> _REQUIREMENT_
Reproduce exactly the lines from the top of the records below through the line holding "k ≡ bit_or (flags f k) 0x80".

> _INPUT RECORDS_
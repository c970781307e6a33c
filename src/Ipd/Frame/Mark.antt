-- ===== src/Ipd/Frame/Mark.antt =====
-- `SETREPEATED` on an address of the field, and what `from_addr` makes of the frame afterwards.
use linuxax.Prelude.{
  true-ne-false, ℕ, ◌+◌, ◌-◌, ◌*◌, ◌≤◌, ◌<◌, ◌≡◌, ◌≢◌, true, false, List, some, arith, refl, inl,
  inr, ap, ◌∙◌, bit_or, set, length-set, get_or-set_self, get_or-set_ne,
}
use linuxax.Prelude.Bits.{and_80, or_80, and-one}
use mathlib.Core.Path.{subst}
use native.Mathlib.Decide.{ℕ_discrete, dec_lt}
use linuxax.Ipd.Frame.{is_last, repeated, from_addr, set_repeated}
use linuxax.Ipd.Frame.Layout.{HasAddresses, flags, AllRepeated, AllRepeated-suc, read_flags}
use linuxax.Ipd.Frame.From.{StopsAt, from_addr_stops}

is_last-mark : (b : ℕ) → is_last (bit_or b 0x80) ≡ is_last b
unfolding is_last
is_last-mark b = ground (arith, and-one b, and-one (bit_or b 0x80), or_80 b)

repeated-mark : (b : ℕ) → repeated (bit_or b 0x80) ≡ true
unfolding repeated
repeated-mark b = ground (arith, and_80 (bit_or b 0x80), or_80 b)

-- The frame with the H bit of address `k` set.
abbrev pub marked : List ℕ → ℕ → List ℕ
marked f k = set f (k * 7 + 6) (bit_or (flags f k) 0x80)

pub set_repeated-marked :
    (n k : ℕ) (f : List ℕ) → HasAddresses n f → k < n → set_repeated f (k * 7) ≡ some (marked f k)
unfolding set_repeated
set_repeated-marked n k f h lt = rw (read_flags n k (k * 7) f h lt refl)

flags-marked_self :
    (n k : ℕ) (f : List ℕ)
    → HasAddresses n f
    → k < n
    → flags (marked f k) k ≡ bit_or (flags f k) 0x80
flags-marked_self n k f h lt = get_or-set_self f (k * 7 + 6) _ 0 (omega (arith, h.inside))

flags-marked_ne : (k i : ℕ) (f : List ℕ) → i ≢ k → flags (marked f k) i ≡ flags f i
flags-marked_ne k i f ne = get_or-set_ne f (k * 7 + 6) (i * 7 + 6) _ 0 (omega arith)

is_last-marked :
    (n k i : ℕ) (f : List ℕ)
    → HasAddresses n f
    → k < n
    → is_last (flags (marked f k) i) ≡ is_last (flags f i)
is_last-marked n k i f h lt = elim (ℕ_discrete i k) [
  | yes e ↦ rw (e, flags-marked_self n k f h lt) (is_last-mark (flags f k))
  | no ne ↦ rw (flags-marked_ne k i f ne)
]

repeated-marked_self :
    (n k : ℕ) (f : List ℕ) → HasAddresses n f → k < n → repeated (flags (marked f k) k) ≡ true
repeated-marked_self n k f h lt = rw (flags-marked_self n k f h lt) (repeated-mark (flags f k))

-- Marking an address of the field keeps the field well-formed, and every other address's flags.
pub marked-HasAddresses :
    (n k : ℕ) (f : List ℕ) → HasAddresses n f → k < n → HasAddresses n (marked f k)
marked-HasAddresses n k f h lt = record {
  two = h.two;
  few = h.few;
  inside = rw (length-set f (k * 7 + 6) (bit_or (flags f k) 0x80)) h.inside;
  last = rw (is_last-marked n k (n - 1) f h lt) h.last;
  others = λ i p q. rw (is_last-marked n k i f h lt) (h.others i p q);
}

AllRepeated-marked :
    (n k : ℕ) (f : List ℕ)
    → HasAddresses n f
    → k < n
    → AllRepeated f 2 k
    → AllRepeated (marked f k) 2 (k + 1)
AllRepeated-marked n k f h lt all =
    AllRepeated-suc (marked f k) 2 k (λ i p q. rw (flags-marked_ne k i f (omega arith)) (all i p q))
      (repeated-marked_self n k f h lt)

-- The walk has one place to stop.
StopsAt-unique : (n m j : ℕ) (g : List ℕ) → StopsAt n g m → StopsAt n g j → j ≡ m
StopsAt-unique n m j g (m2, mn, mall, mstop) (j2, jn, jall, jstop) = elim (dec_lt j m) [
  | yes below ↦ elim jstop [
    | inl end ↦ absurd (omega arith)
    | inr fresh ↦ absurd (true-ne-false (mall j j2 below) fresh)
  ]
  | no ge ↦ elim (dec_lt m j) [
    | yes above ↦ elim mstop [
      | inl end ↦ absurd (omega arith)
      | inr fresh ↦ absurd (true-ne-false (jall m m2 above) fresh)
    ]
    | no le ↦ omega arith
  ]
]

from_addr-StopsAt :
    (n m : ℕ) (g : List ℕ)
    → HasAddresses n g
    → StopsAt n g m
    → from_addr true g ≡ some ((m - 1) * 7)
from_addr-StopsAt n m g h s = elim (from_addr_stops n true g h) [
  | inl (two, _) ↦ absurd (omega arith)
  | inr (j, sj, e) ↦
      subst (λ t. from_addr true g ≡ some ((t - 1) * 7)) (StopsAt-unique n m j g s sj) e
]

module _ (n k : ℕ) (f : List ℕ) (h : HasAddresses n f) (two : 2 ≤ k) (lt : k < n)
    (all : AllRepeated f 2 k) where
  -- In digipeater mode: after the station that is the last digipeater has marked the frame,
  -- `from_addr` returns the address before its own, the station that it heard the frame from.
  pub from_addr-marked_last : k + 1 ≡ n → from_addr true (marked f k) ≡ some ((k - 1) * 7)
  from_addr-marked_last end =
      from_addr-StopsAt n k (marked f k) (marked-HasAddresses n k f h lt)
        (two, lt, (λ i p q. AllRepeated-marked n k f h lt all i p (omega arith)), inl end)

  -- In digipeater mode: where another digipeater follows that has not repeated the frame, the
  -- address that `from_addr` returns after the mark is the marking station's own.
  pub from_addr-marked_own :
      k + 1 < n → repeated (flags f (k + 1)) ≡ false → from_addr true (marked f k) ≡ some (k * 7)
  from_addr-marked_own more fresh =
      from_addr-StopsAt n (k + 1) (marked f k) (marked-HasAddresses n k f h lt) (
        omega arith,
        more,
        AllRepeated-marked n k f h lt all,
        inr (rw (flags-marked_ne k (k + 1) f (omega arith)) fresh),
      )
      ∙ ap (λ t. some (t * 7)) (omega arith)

> _WRITTEN SOLUTION_
repository c970781307e6a33c
filename src/Ipd/Frame/Mark.antt
-- ===== src/Ipd/Frame/Mark.antt =====
-- `SETREPEATED` on an address of the field, and what `from_addr` makes of the frame afterwards.
use linuxax.Prelude.{
  true-ne-false, ℕ, ◌+◌, ◌-◌, ◌*◌, ◌≤◌, ◌<◌, ◌≡◌, ◌≢◌, true, false, List, some, arith, refl, inl,
  inr, ap, ◌∙◌, bit_or, set, length-set, get_or-set_self, get_or-set_ne,
}
use linuxax.Prelude.Bits.{and_80, or_80, and-one}
use mathlib.Core.Path.{subst}
use native.Mathlib.Decide.{ℕ_discrete, dec_lt}
use linuxax.Ipd.Frame.{is_last, repeated, from_addr, set_repeated}
use linuxax.Ipd.Frame.Layout.{HasAddresses, flags, AllRepeated, AllRepeated-suc, read_flags}
use linuxax.Ipd.Frame.From.{StopsAt, from_addr_stops}

is_last-mark : (b : ℕ) → is_last (bit_or b 0x80) ≡ is_last b
unfolding is_last
is_last-mark b = ground (arith, and-one b, and-one (bit_or b 0x80), or_80 b)

repeated-mark : (b : ℕ) → repeated (bit_or b 0x80) ≡ true
unfolding repeated
repeated-mark b = ground (arith, and_80 (bit_or b 0x80), or_80 b)

-- The frame with the H bit of address `k` set.
abbrev pub marked : List ℕ → ℕ → List ℕ
marked f k = set f (k * 7 + 6) (bit_or (flags f k) 0x80)

pub set_repeated-marked :
    (n k : ℕ) (f : List ℕ) → HasAddresses n f → k < n → set_repeated f (k * 7) ≡ some (marked f k)
unfolding set_repeated
set_repeated-marked n k f h lt = rw (read_flags n k (k * 7) f h lt refl)

flags-marked_self :
    (n k : ℕ) (f : List ℕ)
    → HasAddresses n f
    → k < n
    → flags (marked f k) k ≡ bit_or (flags f k) 0x80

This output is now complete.